Reopen When Any of These Happen
- Volume crosses an order of magnitude. The cost math that favored a closed API at one million tokens a day can flip decisively at ten million. A tenfold change in usage is the single most common trigger for a migration.
- A new compliance requirement lands. An enterprise prospect or a regulatory change can introduce a residency requirement that disqualifies your current path overnight, regardless of how well it performed before.
- A major model release shifts the frontier. When a new open-weight model closes the gap with the closed frontier on your task, your Capability assumption may no longer hold and the cheaper option may now suffice.
- Provider pricing or deprecation changes. A price increase or a deprecated version forces a re-evaluation whether you wanted one or not, so it is better to run it deliberately than reactively.
Common Ways the Checklist Gets Misused
Even a good checklist fails when applied carelessly. Two patterns recur. The first is checking items off optimistically without evidence: marking "team can own inference reliability" as yes because it feels achievable, not because anyone has actually run production inference. The cure is to demand proof for each item, not aspiration.
The second is treating the checklist as a one-time gate rather than a living document. Teams run it once at launch, file it away, and never revisit. The triggers above exist precisely because the right answer drifts. Keep your completed checklist where you will see it at each scheduled review, and update the answers rather than starting from a blank slate each time.
Turning the Checklist Into a Team Habit
A checklist that lives in one person's head fails the moment that person changes roles. To make it durable, attach it to your process. Add it as a required artifact in your design-review template, so no AI workload ships without a completed checklist attached. This converts the checklist from optional discipline into a standard everyone follows by default.

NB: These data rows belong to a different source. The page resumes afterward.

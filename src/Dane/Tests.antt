-- ===== src/Dane/Tests.antt =====
-- Records with and without a fit.
use alibaba_ati_golang_sdk.Base.{
  ◌≡◌, ◌↔◌, refl, true, [], ◌∷◌, ok, err, none, some, codes, to_lower, bytes_eq, Result,
}
use alibaba_ati_golang_sdk.Base.Hex.{encode}
use alibaba_ati_golang_sdk.Models.Fqdn.{Fqdn}
use alibaba_ati_golang_sdk.Cert.{CertIdentity, to_hex}
use alibaba_ati_golang_sdk.Failure.{Failure, dnssec_failed, is_dnssec_failed}
use alibaba_ati_golang_sdk.Dane.{
  TlsaRecord, TlsaLookupResult, is_verified, is_reject, verify_with_lookup, match_records,
}
use alibaba_ati_golang_sdk.Dane.Claims.{Positive, Negative, verified_iff, reject_iff}

abbrev host : Fqdn
host = record { value = codes "a.b" }

abbrev cert : CertIdentity
cert = record {
  common_name = none;
  dns_sans = [];
  uri_sans = [];
  fingerprint = record { bytes = 171 ∷ [] };
  spki_fingerprint = record { bytes = 205 ∷ [] };
}

abbrev anchor : TlsaRecord
anchor = record { usage = 2; selector = 0; matching_type = 1; cert_hash = codes "AB" }

abbrev key_record : TlsaRecord
key_record = record { usage = 3; selector = 1; matching_type = 1; cert_hash = codes "CD" }

abbrev found : Result Failure TlsaLookupResult
found = ok (record { found = true; records = anchor ∷ key_record ∷ []; dnssec_valid = true })

abbrev unfit : Result Failure TlsaLookupResult
unfit = ok (record { found = true; records = anchor ∷ []; dnssec_valid = true })

runs :
    (is_verified (verify_with_lookup host (some cert) found) ≡ true)
    × (is_reject (verify_with_lookup host (some cert) unfit) ≡ true)
    × (is_reject (verify_with_lookup host (some cert) (err (dnssec_failed []))) ≡ true)
unfolding is_verified is_reject is_dnssec_failed verify_with_lookup match_records to_hex encode
    to_lower bytes_eq
runs = (refl, refl, refl)

verified_iff_example :
    (is_verified (verify_with_lookup host (some cert) found) ≡ true) ↔ Positive (some cert) found
verified_iff_example = verified_iff host (some cert) found

reject_iff_example :
    (is_reject (verify_with_lookup host (some cert) unfit) ≡ true) ↔ Negative (some cert) unfit
reject_iff_example = reject_iff host (some cert) unfit
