-- ===== src/Dns/Choice.antt =====
-- verify/dns_resolver.go: the choice of a badge record. Both methods begin with GetATIBadgeRecords, whose answer is
-- an argument.
use alibaba_ati_golang_sdk.Base.{
  Bool, true, false, List, [], ◌∷◌, Option, none, some, if◌then◌else◌, Result, ok, err,
}
use alibaba_ati_golang_sdk.Base.Int.{lt_int, pos}
use alibaba_ati_golang_sdk.Models.Version.{Version, equal, compare_version}
use alibaba_ati_golang_sdk.Failure.{Failure, record_not_found, dns_not_found}
use alibaba_ati_golang_sdk.Dns.{AtiBadgeRecord}

-- isNotFoundError; the errors that are not found are handed on as ErrRecordNotFound.
unfoldable pub is_not_found_error : Failure → Bool
is_not_found_error (dns_not_found text) = true
is_not_found_error _ = false

abbrev pub handed_on : Failure → Failure
handed_on e = if is_not_found_error e then record_not_found [] else e

abbrev pub has_version : Version → Option Version → Bool
has_version v none = false
has_version v (some w) = equal w v

-- The two passes.
unfoldable pub exact_version : Version → List AtiBadgeRecord → Option AtiBadgeRecord
exact_version v [] = none
exact_version v (r ∷ rs) =
    let rest = exact_version v rs in if has_version v r.version then some r else rest

abbrev pub versionless : Option Version → Bool
versionless none = true
versionless (some v) = false

unfoldable pub without_version : List AtiBadgeRecord → Option AtiBadgeRecord
without_version [] = none
without_version (r ∷ rs) =
    let rest = without_version rs in if versionless r.version then some r else rest

abbrev pub first_pass :
    Option AtiBadgeRecord → Option AtiBadgeRecord → Result Failure AtiBadgeRecord
first_pass (some r) second = ok r
first_pass none (some r) = ok r
first_pass none none = err (record_not_found [])

unfoldable pub find_badge_for_version :
    Version → Result Failure (List AtiBadgeRecord) → Result Failure AtiBadgeRecord
find_badge_for_version v (err e) = err (handed_on e)
find_badge_for_version v (ok rs) = first_pass (exact_version v rs) (without_version rs)

-- The function that sort.Slice is called with: newest first, records without a version last.
abbrev pub newer : Option Version → Option Version → Bool
newer none w = false
newer (some v) none = true
newer (some v) (some w) = lt_int (pos 0) (compare_version v w)

abbrev pub record_newer : AtiBadgeRecord → AtiBadgeRecord → Bool
record_newer r s = newer r.version s.version

abbrev pub first_record : List AtiBadgeRecord → Result Failure AtiBadgeRecord
first_record [] = err (record_not_found [])
first_record (r ∷ rs) = ok r

-- `sort less` is sort.Slice.
unfoldable pub find_preferred_badge :
    ((AtiBadgeRecord → AtiBadgeRecord → Bool) → List AtiBadgeRecord → List AtiBadgeRecord)
    → Result Failure (List AtiBadgeRecord)
    → Result Failure AtiBadgeRecord
find_preferred_badge sort (err e) = err (handed_on e)
find_preferred_badge sort (ok []) = err (record_not_found [])
find_preferred_badge sort (ok (r ∷ rs)) = first_record (sort record_newer (r ∷ rs))
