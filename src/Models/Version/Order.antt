-- ===== src/Models/Version/Order.antt =====
-- The order of versions is the lexicographic order of the components, and it is total.
use alibaba_ati_golang_sdk.Base.{◌<◌, ◌≡◌, ◌⊎◌, ◌↔◌, true, arith}
use alibaba_ati_golang_sdk.Base.Int.{pos, negsuc}
use alibaba_ati_golang_sdk.Models.Version.{Version, compare_version, equal, less}

-- `v` comes before `w`: at the first component where they differ, it has the smaller one.
abbrev pub Before : Version → Version → Type 0
Before v w =
    (v.major < w.major)
    ⊎ ((v.major ≡ w.major) × ((v.minor < w.minor) ⊎ ((v.minor ≡ w.minor) × (v.patch < w.patch))))

pub less_iff : (v w : Version) → (less v w ≡ true) ↔ Before v w
unfolding less
less_iff v w = ground arith

pub equal_iff : (v w : Version) → (equal v w ≡ true) ↔ (v ≡ w)
unfolding equal
equal_iff v w = ground arith

-- Of two versions exactly one of three holds: the first is `Less`, they are `Equal`, or the second is
-- `Less`; `Equal` is equality of all components, and `Less` is the lexicographic order.
pub compare_total :
    (v w : Version)
    → ((compare_version v w ≡ negsuc 0) ↔ Before v w)
      × ((compare_version v w ≡ pos 0) ↔ (v ≡ w))
      × ((compare_version v w ≡ pos 1) ↔ Before w v)
      × ((compare_version v w ≡ negsuc 0)
          ⊎ ((compare_version v w ≡ pos 0) ⊎ (compare_version v w ≡ pos 1)))
unfolding compare_version
compare_total v w = (ground arith, ground arith, ground arith, ground arith)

The payoff compounds. Once several workloads have documented checklists, you have an institutional record of why each model decision was made. New team members can read the rationale instead of relitigating it, and your scheduled reviews become quick updates rather than fresh investigations. The checklist stops being a one-off tool and becomes the connective tissue of how your organization reasons about models.
Make It Stick
- Embed it in design reviews so a completed checklist is required before any AI workload ships.
- Store completed checklists together as a searchable record of past decisions and their rationale.

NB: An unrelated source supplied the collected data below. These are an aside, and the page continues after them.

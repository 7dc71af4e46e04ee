-- ===== src/Dns/Claims.antt =====
-- What the parser of badge records accepts, and which records are chosen.
use mathlib.Core.Path.{subst}
use alibaba_ati_golang_sdk.Base.{
  ◌≡◌, refl, sym, ap, ◌∙◌, ◌⊎◌, inl, inr, Bool, true, false, not, ◌||◌, List, [], ◌∷◌, Option, none,
  some, Bytes, Result, ok, err, bind_ok, ensure_then, require_then, ensure_ok, ok_eq, false_of_not,
  is_empty, bytes_eq, bytes_eq_iff, codes, All, Bool-cases, if_true, if_false, arith,
}
use alibaba_ati_golang_sdk.Base.Map.{Map, is_some}
use alibaba_ati_golang_sdk.Models.Version.{Version}
use alibaba_ati_golang_sdk.Models.Version.Order.{equal_iff}
use alibaba_ati_golang_sdk.Dns.{
  AtiBadgeRecord, RecordError, ParsedUrl, url_of, check_badge_url, badge_of_fields,
  parse_ati_badge_record, parse_semicolon_fields, is_valid_format_version, empty_record,
}
use alibaba_ati_golang_sdk.Dns.Choice.{
  exact_version, has_version, without_version, versionless, first_pass, find_badge_for_version,
}

-- A URL of HTTPS with a host, and without a user and a fragment.
pub record IsBadgeUrl (parse_url : Bytes → Option ParsedUrl) (text : Bytes) : Type 0 where
  pub url : ParsedUrl
  pub parsed : parse_url text ≡ some url
  pub scheme : url.scheme ≡ codes "https"
  pub host : is_empty url.host ≡ false
  pub user : url.has_user ≡ false
  pub fragment : is_empty url.fragment ≡ true

pub record IsBadge (parse_url : Bytes → Option ParsedUrl) (r : AtiBadgeRecord) : Type 0 where
  pub format : is_valid_format_version r.format_version ≡ true
  pub version : bytes_eq r.format_version (codes "ati-badge1") ≡ true → is_some r.version ≡ true
  pub url : IsBadgeUrl parse_url r.url

or_version : (a b : Bool) → (not a || b) ≡ true → a ≡ true → b ≡ true
or_version a b h k = ground arith

module _ (parse_url : Bytes → Option ParsedUrl) where
  url-IsBadgeUrl :
      (text : Bytes) (u : Unit {0})
      → check_badge_url parse_url text ≡ ok u
      → IsBadgeUrl parse_url text
  unfolding check_badge_url
  url-IsBadgeUrl text u h =
      let (url, p, h) = require_then _ _ _ u h in
      let (s, h) = ensure_then _ _ _ u h in
      let (k, h) = ensure_then _ _ _ u h in
      let (a, h) = ensure_then _ _ _ u h in
      record {
        url = url;
        parsed = p;
        scheme = (bytes_eq_iff url.scheme (codes "https")).0 s;
        host = false_of_not _ k;
        user = false_of_not _ a;
        fragment = ensure_ok _ _ u h;
      }

  fields-IsBadge :
      (m : Map Bytes) (r : AtiBadgeRecord)
      → badge_of_fields parse_url m ≡ ok r
      → IsBadge parse_url r
  unfolding badge_of_fields
  fields-IsBadge m r h =
      let (a, h) = ensure_then _ _ _ r h in
      let (b, h) = ensure_then _ _ _ r h in
      let (d, h) = ensure_then _ _ _ r h in
      let (e, h) = ensure_then _ _ _ r h in
      let (u, k, h) = bind_ok _ _ r h in
      subst (IsBadge parse_url) (ok_eq _ r h)
        (record { format = b; version = or_version _ _ d; url = url-IsBadgeUrl (url_of m) u k })

  -- A badge record is accepted only if its format is a known one, it has a version where the format asks for one,
  -- and its URL is one of HTTPS with a host, without a user and without a fragment.
  pub parse-IsBadge :
      (txt : Bytes) (r : AtiBadgeRecord)
      → parse_ati_badge_record parse_url txt ≡ ok r
      → IsBadge parse_url r
  unfolding parse_ati_badge_record
  parse-IsBadge txt r h = elim (Bool-cases (is_empty txt)) [
    | inl e ↦
        let q : Path (Result RecordError AtiBadgeRecord) (err empty_record) (ok r) = rw e at h in
        ground arith
    | inr e ↦ fields-IsBadge (parse_semicolon_fields txt) r (if_false _ _ _ (ok r) e h)
  ]

some_eq {ℓ} : {A : Type ℓ} (a b : A) → some a ≡ some b → a ≡ b
some_eq a b h = ground arith

-- One of a list.
abbrev pub In : {A : Type 0} → A → List A → Type 0
In x [] = ⊥
In x (y ∷ ys) = (y ≡ x) ⊎ In x ys

exact_lem :
    (v : Version) (rs : List AtiBadgeRecord) (r : AtiBadgeRecord)
    → exact_version v rs ≡ some r
    → In r rs × (has_version v r.version ≡ true)
unfolding exact_version
exact_lem v [] r h = ground arith
exact_lem v (s ∷ rs) r h = elim (Bool-cases (has_version v s.version)) [
  | inl e ↦
      let q = some_eq s r (if_true _ _ _ (some r) e h) in
      (inl q, ap (λ r. has_version v r.version) (sym q) ∙ e)
  | inr e ↦ let (a, b) = exact_lem v rs r (if_false _ _ _ (some r) e h) in (inr a, b)
]

exact_none :
    (v : Version) (rs : List AtiBadgeRecord)
    → exact_version v rs ≡ none
    → All (λ r. has_version v r.version ≡ false) rs
unfolding exact_version
exact_none v [] h = tt
exact_none v (s ∷ rs) h = elim (Bool-cases (has_version v s.version)) [
  | inl e ↦ let q : some s ≡ none = if_true _ _ _ none e h in ground arith
  | inr e ↦ (e, exact_none v rs (if_false _ _ _ none e h))
]

no_version_is_none : (v : Option Version) → versionless v ≡ true → v ≡ none
no_version_is_none none h = refl
no_version_is_none (some v) h = ground arith

without_lem :
    (rs : List AtiBadgeRecord) (r : AtiBadgeRecord)
    → without_version rs ≡ some r
    → In r rs × (r.version ≡ none)
unfolding without_version
without_lem [] r h = ground arith
without_lem (s ∷ rs) r h = elim (Bool-cases (versionless s.version)) [
  | inl e ↦
      let q = some_eq s r (if_true _ _ _ (some r) e h) in
      (inl q, ap (λ r. r.version) (sym q) ∙ no_version_is_none s.version e)
  | inr e ↦ let (a, b) = without_lem rs r (if_false _ _ _ (some r) e h) in (inr a, b)
]

version_eq : (v : Version) (w : Option Version) → has_version v w ≡ true → w ≡ some v
version_eq v none h = ground arith
version_eq v (some w) h = ap some ((equal_iff w v).0 h)

-- The record for a version: it has the version, or it has none and no record has the version.
pub data IsFor (v : Version) (rs : List AtiBadgeRecord) (r : AtiBadgeRecord) : Type 0 where
  exactly : r.version ≡ some v → IsFor v rs r
  instead : r.version ≡ none → All (λ s. has_version v s.version ≡ false) rs → IsFor v rs r

passes-IsFor :
    (v : Version) (rs : List AtiBadgeRecord) (r : AtiBadgeRecord) (a b : Option AtiBadgeRecord)
    → exact_version v rs ≡ a
    → without_version rs ≡ b
    → first_pass a b ≡ ok r
    → In r rs × IsFor v rs r
passes-IsFor v rs r (some s) b i j h =
    let (m, e) = exact_lem v rs r (i ∙ ap some (ok_eq s r h)) in
    (m, exactly (version_eq v r.version e))
passes-IsFor v rs r none (some s) i j h =
    let (m, e) = without_lem rs r (j ∙ ap some (ok_eq s r h)) in (m, instead e (exact_none v rs i))
passes-IsFor v rs r none none i j h = ground arith

-- The record that is found for a version is one of the domain's; it has that version, or it has no version and
-- none of the records has that version.
pub badge-IsFor :
    (v : Version) (rs : List AtiBadgeRecord) (r : AtiBadgeRecord)
    → find_badge_for_version v (ok rs) ≡ ok r
    → In r rs × IsFor v rs r
unfolding find_badge_for_version
badge-IsFor v rs r h = passes-IsFor v rs r (exact_version v rs) (without_version rs) refl refl h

- Assign an owner for the recurring review so it never quietly lapses.
Frequently Asked Questions
Should I run this checklist once for my whole company?
No. Run it per workload. The best answer for a high-volume extraction pipeline differs from the answer for a low-volume frontier-reasoning task. Treating everything as one decision produces a worse outcome for most of your tasks.

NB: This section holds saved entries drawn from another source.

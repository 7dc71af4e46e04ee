-- ===== src/Dns/Selection.antt =====
-- ati/version_policy.go: the choice of a record of an agent. The versions and constraints of semver are parameters.
use alibaba_ati_golang_sdk.Base.{
  Bool, true, false, not, ◌&&◌, ◌||◌, List, [], ◌∷◌, Option, none, some, Bytes, ltb, ◌==◌,
  if◌then◌else◌, Result, ok, err, ◌>>=◌, ensure, require, is_empty, bytes_eq,
}
use alibaba_ati_golang_sdk.Models.Version.{version_string}
use alibaba_ati_golang_sdk.Dns.{AtiRecord, filter_ati_records_by_protocol}

-- semver.NewVersion, Equal, GreaterThan, NewConstraint and Check.
pub record Semver (V : Type 0) : Type 0 where
  pub new_version : Bytes → Option V
  pub equal : V → V → Bool
  pub greater_than : V → V → Bool
  pub new_constraint : Bytes → Option (V → Bool)

-- A policy that is none of the constants is taken for LATEST.
pub data VersionPolicy : Type 0 where
  policy_exact policy_latest policy_latest_compatible policy_unknown : VersionPolicy

pub data SelectionError : Type 0 where
  no_records no_protocol version_required invalid_requested exact_not_found no_valid_records :
      SelectionError
  none_satisfies invalid_expression : SelectionError

-- The order of Go strings.
unfoldable pub bytes_lt : Bytes → Bytes → Bool
bytes_lt [] [] = false
bytes_lt [] (y ∷ ys) = true
bytes_lt (x ∷ xs) [] = false
bytes_lt (x ∷ xs) (y ∷ ys) = let rest = bytes_lt xs ys in if x == y then rest else ltb x y

unfoldable pub prefer_record : AtiRecord → Option AtiRecord → Bool
prefer_record candidate none = true
prefer_record candidate (some current) =
    if not (bytes_eq candidate.protocol current.protocol)
    then bytes_lt candidate.protocol current.protocol
    else bytes_lt candidate.url current.url

module _ {V : Type 0} (x : Semver V) where
  -- The record that is kept, with its version.
  abbrev pub Best : Type 0
  Best = Option (AtiRecord × V)

  abbrev pub better : AtiRecord → V → Best → Bool
  better r v none = true
  better r v (some (b, w)) = x.greater_than v w || (x.equal v w && prefer_record r (some b))

  -- The body of the loops, for a test on versions.
  abbrev pub keep_best : (V → Bool) → AtiRecord → Option V → Best → Best
  keep_best test r none best = best
  keep_best test r (some v) best = if test v && better r v best then some (r, v) else best

  unfoldable pub best_loop : (V → Bool) → List AtiRecord → Best → Best
  best_loop test [] best = best
  best_loop test (r ∷ rs) best =
      best_loop test rs (keep_best test r (x.new_version (version_string r.version)) best)

  abbrev pub best_or : SelectionError → Best → Result SelectionError AtiRecord
  best_or e none = err e
  best_or e (some (r, v)) = ok r

  unfoldable pub resolve_latest : List AtiRecord → Result SelectionError AtiRecord
  resolve_latest rs = best_or no_valid_records (best_loop (λ v. true) rs none)

  abbrev is_version : V → Option V → Bool
  is_version v none = false
  is_version v (some w) = x.equal w v

  unfoldable pub first_equal : V → List AtiRecord → Result SelectionError AtiRecord
  first_equal v [] = err exact_not_found
  first_equal v (r ∷ rs) =
      let rest = first_equal v rs in
      if is_version v (x.new_version (version_string r.version)) then ok r else rest

  unfoldable pub resolve_exact : List AtiRecord → Bytes → Result SelectionError AtiRecord
  resolve_exact rs requested = do
    _ ← ensure version_required (not (is_empty requested))
    v ← require invalid_requested (x.new_version requested)
    first_equal v rs

  unfoldable pub find_exact : List AtiRecord → Bytes → Result SelectionError AtiRecord
  find_exact rs requested = do
    v ← require invalid_expression (x.new_version requested)
    first_equal v rs

  abbrev pub compatible :
      List AtiRecord → Bytes → Option (V → Bool) → Result SelectionError AtiRecord
  compatible rs requested none = find_exact rs requested
  compatible rs requested (some test) = best_or none_satisfies (best_loop test rs none)

  unfoldable pub resolve_latest_compatible :
      List AtiRecord → Bytes → Result SelectionError AtiRecord
  resolve_latest_compatible rs requested =
      if is_empty requested
      then resolve_latest rs
      else compatible rs requested (x.new_constraint requested)

  abbrev pub by_policy : VersionPolicy → List AtiRecord → Bytes → Result SelectionError AtiRecord
  by_policy policy_exact rs requested = resolve_exact rs requested
  by_policy policy_latest rs requested = resolve_latest rs
  by_policy policy_latest_compatible rs requested = resolve_latest_compatible rs requested
  by_policy policy_unknown rs requested = resolve_latest rs

  abbrev nonempty : SelectionError → List AtiRecord → Result SelectionError (List AtiRecord)
  nonempty e [] = err e
  nonempty e (r ∷ rs) = ok (r ∷ rs)

  unfoldable pub resolve_version_for_protocol :
      List AtiRecord → VersionPolicy → Bytes → Bytes → Result SelectionError AtiRecord
  resolve_version_for_protocol records policy requested protocol = do
    rs ← nonempty no_records records
    served ← nonempty no_protocol (filter_ati_records_by_protocol rs protocol)
    by_policy policy served requested

  unfoldable pub resolve_version :
      List AtiRecord → VersionPolicy → Bytes → Result SelectionError AtiRecord
  resolve_version records policy requested =
      resolve_version_for_protocol records policy requested []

Which checklist item do teams most often skip?
Pricing the open path with engineering time included. Teams price the GPUs and stop, ignoring the senior-engineer hours that dominate the real cost. That omission is the single most common source of "open turned out more expensive" regret.
Do I need every item checked before deciding?
The hard-constraint and cost items are non-negotiable. The future-proofing items, like the thin interface, are strongly recommended but can be staged. The eval and bake-off items are essential before any production commitment.
How do I keep the checklist relevant in 2026 and beyond?
The structure is durable because it is built on workload properties, not specific models. As new models ship, only your bake-off candidates change. Re-running the checklist on your review schedule keeps the decision current without rewriting it.
Key Takeaways
- Run the checklist per workload, not once for the whole organization.
- Define volume, latency, data sensitivity, and difficulty before comparing any model.
- Screen hard constraints early to eliminate disqualified options immediately.
- Price the open path with engineering time and compare on cost per successful task.
- Abstract model calls, plan for migration, and schedule a recurring review.